Image of legend for Bosnia and Herzegovina, including values for the three data points described in the preceding paragraph.


The GDP_to_InternetUsers column had values from $46 (Kyrgyz Republic) to $1343 (Macao SAR, China). I found, however, that the resulting visualization had very little variation in color, with a tiny group of dark green dots in a sea of gold. To enhance the visual quality of this representation, I edited the filter for this variable to narrow the range to have a top value of $748. This removed the points for four countries and maintained 100. The four excluded records (Macau, Norway, Switzerland and Qatar) are still in the dataset, just not the viz.

Finally, I've included a more standard representation in which the borders of each country are filled by the color representing GDP_to_InternetUsers. This is a more standard visualization but it displays only the one variable. This may be valuable for a single-purpose illustration but it lacks the complexity and interest of view 1. It is previewed below, and is available as view 2 in my Tableau Public portfolio.

Map view of Earth with over 100 countries shaded in five gradient shades of green by variable "GDP Per Capita to Internet Users"

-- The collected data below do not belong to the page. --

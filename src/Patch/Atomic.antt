-- ===== src/Patch/Atomic.antt =====
-- internal/tooling/patch.go: the files after a commit that failed and was rolled back.
use alt_tui.Prelude.{
  ℕ, String, ◌≡◌, refl, inl, inr, Bool, true, false, List, [], ◌∷◌, All, arith, eq_iff, Bool-cases,
}
use alt_tui.Patch.{
  Disk, StagedChange, has_path, Outcome, commit_item, commit, rollback, commit_or_rollback,
}
use alt_tui.Patch.Effects.{IsLike, IsQuiet}
use alt_tui.Patch.Steps.{IsFresh, IsStaged}
use alt_tui.Patch.Plain.{IsPlain}
use alt_tui.Patch.Commit.{Committed, untouched, commit_item-Committed, Committed-IsPlain}
use alt_tui.Patch.Rollback.{temporary_in, undo-Committed}

module _ (faults : ℕ → Bool) (backup_path : ℕ → String → String) where
  -- the changes and the files before and after a commit, wherever it stopped
  data Progress : List StagedChange → Disk → List StagedChange → Disk → Type 0 where
    all_done : (d : Disk) → Progress [] d [] d
    one_more :
        {x y : StagedChange} {l l' : List StagedChange} {d m e : Disk}
        → Committed faults backup_path x d y m
        → Progress l m l' e
        → Progress (x ∷ l) d (y ∷ l') e

  untouched-Progress :
      (temporary : String → Bool) (l : List StagedChange) (d : Disk)
      → All (IsStaged faults backup_path temporary) l
      → IsFresh faults backup_path d
      → Progress l d l d
  untouched-Progress temporary [] d s fresh = all_done d
  untouched-Progress temporary (x ∷ l) d (s, rest) fresh =
      one_more (untouched faults backup_path temporary x d s fresh)
        (untouched-Progress temporary l d rest fresh)

  module _ (temporary : String → Bool)
      (no_backup : (n : ℕ) (p : String) → temporary (backup_path n p) ≡ false)
      (unnamed : temporary "" ≡ false)
      (distinct : (m n : ℕ) (p q : String) → backup_path m p ≡ backup_path n q → m ≡ n) where
    abbrev Holds : List StagedChange → Disk → Type 0
    Holds l d =
        ((p : String) → temporary_in l p ≡ true → temporary p ≡ true)
        × All (IsStaged faults backup_path temporary) l
        × IsPlain temporary d.nodes

    first_among :
        (x : StagedChange) (l : List StagedChange)
        → ((p : String) → temporary_in (x ∷ l) p ≡ true → temporary p ≡ true)
        → has_path x.temp_path ≡ true
        → temporary x.temp_path ≡ true
    unfolding temporary_in
    first_among x l among has =
        among x.temp_path (rw (has, (eq_iff x.temp_path x.temp_path).1 refl) refl)

    rest_among :
        (x : StagedChange) (l : List StagedChange)
        → ((p : String) → temporary_in (x ∷ l) p ≡ true → temporary p ≡ true)
        → (p : String) → temporary_in l p ≡ true
        → temporary p ≡ true
    unfolding temporary_in
    rest_among x l among p at = among p (ground (arith, at))

    commit-Progress :
        (l : List StagedChange) (d : Disk)
        → Holds l d
        → IsFresh faults backup_path d
        → let r = commit faults backup_path l d in Progress l d r.0 r.1
    unfolding commit
    commit-Progress [] d h fresh = all_done d
    commit-Progress (x ∷ l) d (among, (s, rest), plain) fresh =
        let o : Outcome faults backup_path = commit_item faults backup_path x d in
        let c =
          commit_item-Committed faults backup_path temporary no_backup unnamed distinct x d s
            (first_among x l among) plain fresh in
        let m =
          Committed-IsPlain faults backup_path temporary no_backup unnamed distinct x o.0 d o.1 s c
            plain in
        elim (Bool-cases o.2) [
          | inl e ↦
              rw e (one_more c (commit-Progress l o.1 (rest_among x l among, rest, m) c.fresh))
          | inr e ↦ rw e (one_more c (untouched-Progress temporary l o.1 rest c.fresh))
        ]

    rollback-Progress :
        (l l' : List StagedChange) (d e : Disk)
        → Progress l d l' e
        → Holds l d
        → IsQuiet faults backup_path e
        → let f = rollback faults backup_path l' e in
          IsLike (temporary_in l) d.nodes f.nodes × IsQuiet faults backup_path f
    unfolding rollback temporary_in
    rollback-Progress l l' d e (all_done _) h quiet = (λ p. refl, quiet)
    rollback-Progress l l' d e (one_more {x = x} {y = y} {l = l₁} {l' = l₂} {m = m} c next)
          (among, (s, rest), plain) quiet =
        let later =
          rollback-Progress l₁ l₂ m e next
            (
              rest_among x l₁ among,
              rest,
              Committed-IsPlain faults backup_path temporary no_backup unnamed distinct x y d m s c
                  plain,
            )
            quiet in
        undo-Committed faults backup_path temporary no_backup unnamed distinct (temporary_in l₁) x y
          d m (rollback faults backup_path l₂ e) (rest_among x l₁ among) (first_among x l₁ among) s
          c plain later.1 later.0

temporary_in_empty : (l : List StagedChange) → temporary_in l "" ≡ false
unfolding temporary_in
temporary_in_empty [] = refl
temporary_in_empty (x ∷ l) = ground (arith, temporary_in_empty l)

temporary_in-apart :
    (faults : ℕ → Bool) (backup_path : ℕ → String → String) (temporary : String → Bool)
    (l : List StagedChange) (n : ℕ) (p : String)
    → All (IsStaged faults backup_path temporary) l
    → temporary_in l (backup_path n p) ≡ false
unfolding temporary_in
temporary_in-apart faults backup_path temporary [] n p s = refl
temporary_in-apart faults backup_path temporary (x ∷ l) n p (s, rest) =
    ground (arith, s.apart_temp n p, temporary_in-apart faults backup_path temporary l n p rest)

-- After a commit that fails, wherever it does, and the rollback that follows, every path has the node
-- that it had before the commit, but for the temporary files of the staged changes, which are gone. It
-- is asked that the changes are as stage leaves them, that backups get new names at which nothing
-- stands, that the paths of the plans are no temporary files, and that no call fails in the rollback.
pub commit_or_rollback_restores :
    (faults : ℕ → Bool) (backup_path : ℕ → String → String) (l : List StagedChange) (d : Disk)
    → ((m n : ℕ) (p q : String) → backup_path m p ≡ backup_path n q → m ≡ n)
    → IsFresh faults backup_path d
    → All (IsStaged faults backup_path (temporary_in l)) l
    → IsPlain (temporary_in l) d.nodes
    → IsQuiet faults backup_path (commit faults backup_path l d).1
    → (commit faults backup_path l d).2 ≡ false
    → (commit_or_rollback faults backup_path l d).1 ≡ false
      × IsLike (temporary_in l) d.nodes (commit_or_rollback faults backup_path l d).0.nodes
unfolding commit_or_rollback
commit_or_rollback_restores faults backup_path l d distinct fresh staged plain quiet fails =
    let none_of =
      λ (n : ℕ) (p : String). temporary_in-apart faults backup_path (temporary_in l) l n p staged in
    let named = temporary_in_empty l in
    let holds : Holds faults backup_path (temporary_in l) none_of named distinct l d =
      (λ p at. at, staged, plain) in
    let r = commit faults backup_path l d in
    let run : Progress faults backup_path l d r.0 r.1 =
      commit-Progress faults backup_path (temporary_in l) none_of named distinct l d holds fresh in
    let back =
      rollback-Progress faults backup_path (temporary_in l) none_of named distinct l r.0 d r.1 run
        holds quiet in
    rw fails (refl, back.0)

Conclusions and Further Analysis


This relationship, between the GDP per capita and the internet users per 100 people, is only possibly significant, but it may have implications for the success of countries measured here. With the growth and dominance of AI modeling in all sectors of the economy, the gap between the world’s richest and poorest countries will continue to widen. In this sample, no educational factor, from primary enrollment to upper secondary enrollment and completion, showed as strong a correlation in this sample on unemployment or GDP as does the rate of internet users per 100.
The top nations in the sample for internet users were Norway, Denmark, Sweden, Netherlands, United Kingdom, Qatar, Bahrain, and United Arab Emirates, all with 90% or above using the internet to one degree or another. For all nations to succeed economically, each of their GDP-to-Internet Users ratios must decrease in value, maximizing the divisor to as close to 100 (representing 100% of the population) as possible.
Further exploration of the data should include cleaning up the columns with null values, either by researching and replacing the missing data, or by selecting another sample of countries with complete records. The variables without valid correlation coefficients may have very interesting relationships to GDP Per Capita, Enrollment in Upper Secondary, Unemployment, or other economic indicators.